Simple reverse proxy to sit in front of GitLab pages, to fix SSL support for GitLab usernames with dots in them.
Currently, if a GitLab username is in the format firstname.lastname
(or some other format that includes dots), GitLab will automatically set the subdomain for the user's GitLab pages to be firstname.lastname.gitlab-pages-fqdn
.
As a result, we end up with an additional level of subdomain nesting that works fine for HTTP, but not at all for HTTPS. When using HTTPS, you would need to have a wildcard certificate to cover *.*.gitlab-pages-fqdn
(which isn't possible), or use Let's Encrypt
and somehow dynamically fetch certs and avoid their rate limiting.
Instead, this simple reverse proxy sits in front of your GitLab Pages server and rewrites URLs into something a little more browser-friendly.

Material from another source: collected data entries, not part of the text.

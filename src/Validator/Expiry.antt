-- ===== src/Validator/Expiry.antt =====
-- The jobs that a notification with the clean flag makes old (`AddNewJob` and `ScheduleCleanJobs` of
-- validator.go).
use proxy_router.Prelude.{
  ℕ, ◌+◌, ◌<◌, ◌≡◌, ◌≢◌, ◌⊎◌, inl, inr, refl, sym, ap, ◌∙◌, subst, true, false, String, List, [],
  ◌∷◌, Option, none, some, arith, lt→ltb, Option-cases, string_eq,
}
use proxy_router.Prelude.Options.{◌>>=◌, some_inj}
use proxy_router.Prelude.Assoc.{lookup}
use proxy_router.Floats.{Float64}
use proxy_router.Stratum.{MiningNotify, MiningSubmit, get_job_id}
use proxy_router.Containers.BoundStackMap.{push, get}
use proxy_router.Containers.BoundStackMap.Duplicates.{get-push}
use proxy_router.Validator.{
  MiningJob, Validator, job_not_found, new_mining_job, schedule_clean_jobs, add_new_job, with_job,
  not_found, validate_and_add_share,
}
use proxy_router.Validator.Seen.{lookup-expire_all}
use proxy_router.Validator.Seen.Cases.{validate-with_job}

module _ (fl : Float64) (sha256 : List ℕ → List ℕ) where
  open fl use {F}

  expired-with_job :
      (id : String) (t now : ℕ) (s : MiningSubmit) (w : Validator F) (o : Option (MiningJob F))
      → t < now
      → with_job fl sha256 now id s w
          (elim o [ none ↦ none | some job ↦ some (record job { expiration_time = some t }) ])
        ≡ not_found fl sha256 w
  unfolding with_job
  expired-with_job id t now s w none h = refl
  expired-with_job id t now s w (some job) h = rw (lt→ltb t now h) refl

  -- A job as it comes: at a time, with a difficulty, an extranonce and its size.
  abbrev pub Notified : Type 0
  Notified = ℕ × MiningNotify × F × String × ℕ

  abbrev pub add_jobs : List Notified → Validator F → Option (Validator F)
  add_jobs [] v = some v
  add_jobs ((now, msg, diff, xn1, n) ∷ later) v = do
    w ← add_new_job now msg diff xn1 n v
    add_jobs later w

  -- The jobs come without the clean flag, and none under this ID.
  abbrev pub AllPlain : String → List Notified → Type 0
  AllPlain id [] = Unit {0}
  AllPlain id ((now, msg, diff, xn1, n) ∷ later) =
      (msg.clean_jobs ≡ false) × (msg.job_id ≢ id) × AllPlain id later

  -- The job under an ID is gone, or as it was.
  abbrev Faded : String → Validator F → Validator F → Type 0
  Faded id v w = (get w.jobs id ≡ none) ⊎ (get w.jobs id ≡ get v.jobs id)

  Faded-trans : (id : String) (u v w : Validator F) → Faded id u v → Faded id v w → Faded id u w
  Faded-trans id u v w a (inl n) = inl n
  Faded-trans id u v w (inl n) (inr e) = inl (e ∙ n)
  Faded-trans id u v w (inr d) (inr e) = inr (e ∙ d)

  plain-Faded :
      (id : String) (now : ℕ) (msg : MiningNotify) (diff : F) (xn1 : String) (n : ℕ)
      (v w : Validator F)
      → msg.clean_jobs ≡ false
      → msg.job_id ≢ id
      → add_new_job now msg diff xn1 n v ≡ some w
      → Faded id v w
  unfolding add_new_job
  plain-Faded id now msg diff xn1 n v w c ne e =
      elim (Option-cases (push v.jobs msg.job_id (new_mining_job msg diff xn1 n))) [
        | inl p ↦ absurd (ground (arith, e, c, p))
        | inr (jobs, p) ↦
            let q : w.jobs ≡ jobs = ground (arith, e, c, p) in
            subst (λ j. (get j id ≡ none) ⊎ (get j id ≡ get v.jobs id)) (sym q)
              (get-push v.jobs jobs msg.job_id id (new_mining_job msg diff xn1 n) ne p)
      ]

  clean-Faded :
      (id : String) (now : ℕ) (msg : MiningNotify) (diff : F) (xn1 : String) (n : ℕ)
      (v w : Validator F)
      → msg.clean_jobs ≡ true
      → msg.job_id ≢ id
      → add_new_job now msg diff xn1 n v ≡ some w
      → Faded id (schedule_clean_jobs now v) w
  unfolding add_new_job
  clean-Faded id now msg diff xn1 n v w c ne e =
      elim (Option-cases
        (push (schedule_clean_jobs now v).jobs msg.job_id (new_mining_job msg diff xn1 n))) [
          | inl p ↦ absurd (ground (arith, e, c, p))
          | inr (jobs, p) ↦
              let q : w.jobs ≡ jobs = ground (arith, e, c, p) in
              subst (λ j. (get j id ≡ none) ⊎ (get j id ≡ get (schedule_clean_jobs now v).jobs id))
                (sym q)
                (get-push (schedule_clean_jobs now v).jobs jobs msg.job_id id
                  (new_mining_job msg diff xn1 n) ne p)
        ]

  add_jobs-Faded :
      (id : String) (later : List Notified) (v w : Validator F)
      → AllPlain id later
      → add_jobs later v ≡ some w
      → Faded id v w
  add_jobs-Faded id [] v w a e =
      inr (ap (λ (x : Validator F). get x.jobs id) (sym (some_inj v w e)))
  add_jobs-Faded id ((now, msg, diff, xn1, n) ∷ later) v w (c, ne, a) e =
      elim (Option-cases (add_new_job now msg diff xn1 n v)) [
        | inl p ↦ absurd (ground (arith, rw p at e))
        | inr (u, p) ↦
            Faded-trans id v u w (plain-Faded id now msg diff xn1 n v u c ne p)
              (add_jobs-Faded id later u w a (rw p at e))
      ]

  -- After a job came with the clean flag, and then any jobs without it and under other IDs than `id`: a
  -- share for the job `id`, which is not that of the flag, is rejected as not found once the timeout
  -- after the job with the flag has passed, and changes nothing. Nothing is said of what a second job
  -- with the flag does, which moves the time of expiration.
  pub add_new_job_expires :
      (id : String) (now now' : ℕ) (msg : MiningNotify) (diff : F) (xn1 : String) (n : ℕ)
      (later : List Notified) (u v w : Validator F) (s : MiningSubmit)
      → msg.clean_jobs ≡ true
      → add_new_job now msg diff xn1 n v ≡ some u
      → AllPlain id later
      → add_jobs later u ≡ some w
      → get_job_id s ≡ some id
      → id ≢ msg.job_id
      → now + v.clean_job_timeout < now'
      → validate_and_add_share fl sha256 now' s w
        ≡ some (w, record { diff = 0; error = some job_not_found })
  unfolding schedule_clean_jobs with_job get lookup
  add_new_job_expires id now now' msg diff xn1 n later u v w s c e a l i ne h = go (
      Faded-trans id (schedule_clean_jobs now v) u w
        (clean-Faded id now msg diff xn1 n v u c (λ x. ne (sym x)) e)
        (add_jobs-Faded id later u w a l))
    where
      go :
          Faded id (schedule_clean_jobs now v) w
          → validate_and_add_share fl sha256 now' s w ≡ not_found fl sha256 w
      go (inl g) = validate-with_job fl sha256 id now' s w none i g ∙ gone
        where
          gone : with_job fl sha256 now' id s w none ≡ not_found fl sha256 w
          gone = refl
      go (inr g) =
          validate-with_job fl sha256 id now' s w _ i
            (g ∙ lookup-expire_all (now + v.clean_job_timeout) id v.jobs.data_map)
          ∙ expired-with_job id (now + v.clean_job_timeout) now' s w (get v.jobs id) h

Say I have a GitLab Pages server running on pages.mycorp.local
, my username is fred.smith
and my pages-enabled repository is called myrepo
.
When I follow the GitLab-generated URL of http://fred.smith.pages.mycorp.local/myrepo
, this proxy will automatically redirect the user to https://fred-smith.pages.mycorp.local/myrepo
.
The request to https://fred-smith.pages.mycorp.local/myrepo
is then transparently proxied to the IP address of my GitLab Pages server (not the proxy server!), and the Host
header is set to http://fred.smith.pages.mycorp.local/myrepo
.
From GitLab's perspective, the request comes via HTTP (not HTTPS), but all traffic between the client and proxy server is encrypted.
- This only works if the initial request to
http://firstname.lastname.gitlab-pages-fqdn
is via HTTP.
This reverse proxy requires the following environment variables to be set:
- BASE_DOMAIN <= The Fully-qualified domain name (FQDN) of your GitLab Pages installation.
- GITLAB_PAGES_SERVER_ADDRESS <= The internal IP address/hostname of your GitLab Pages server. This is where the requests will be proxied.
- HTTP_ONLY <= Set to 'true' if you don't want the proxy server to use SSL. This is useful if you are deploying the proxy server behind another proxy server which handles SSL termination.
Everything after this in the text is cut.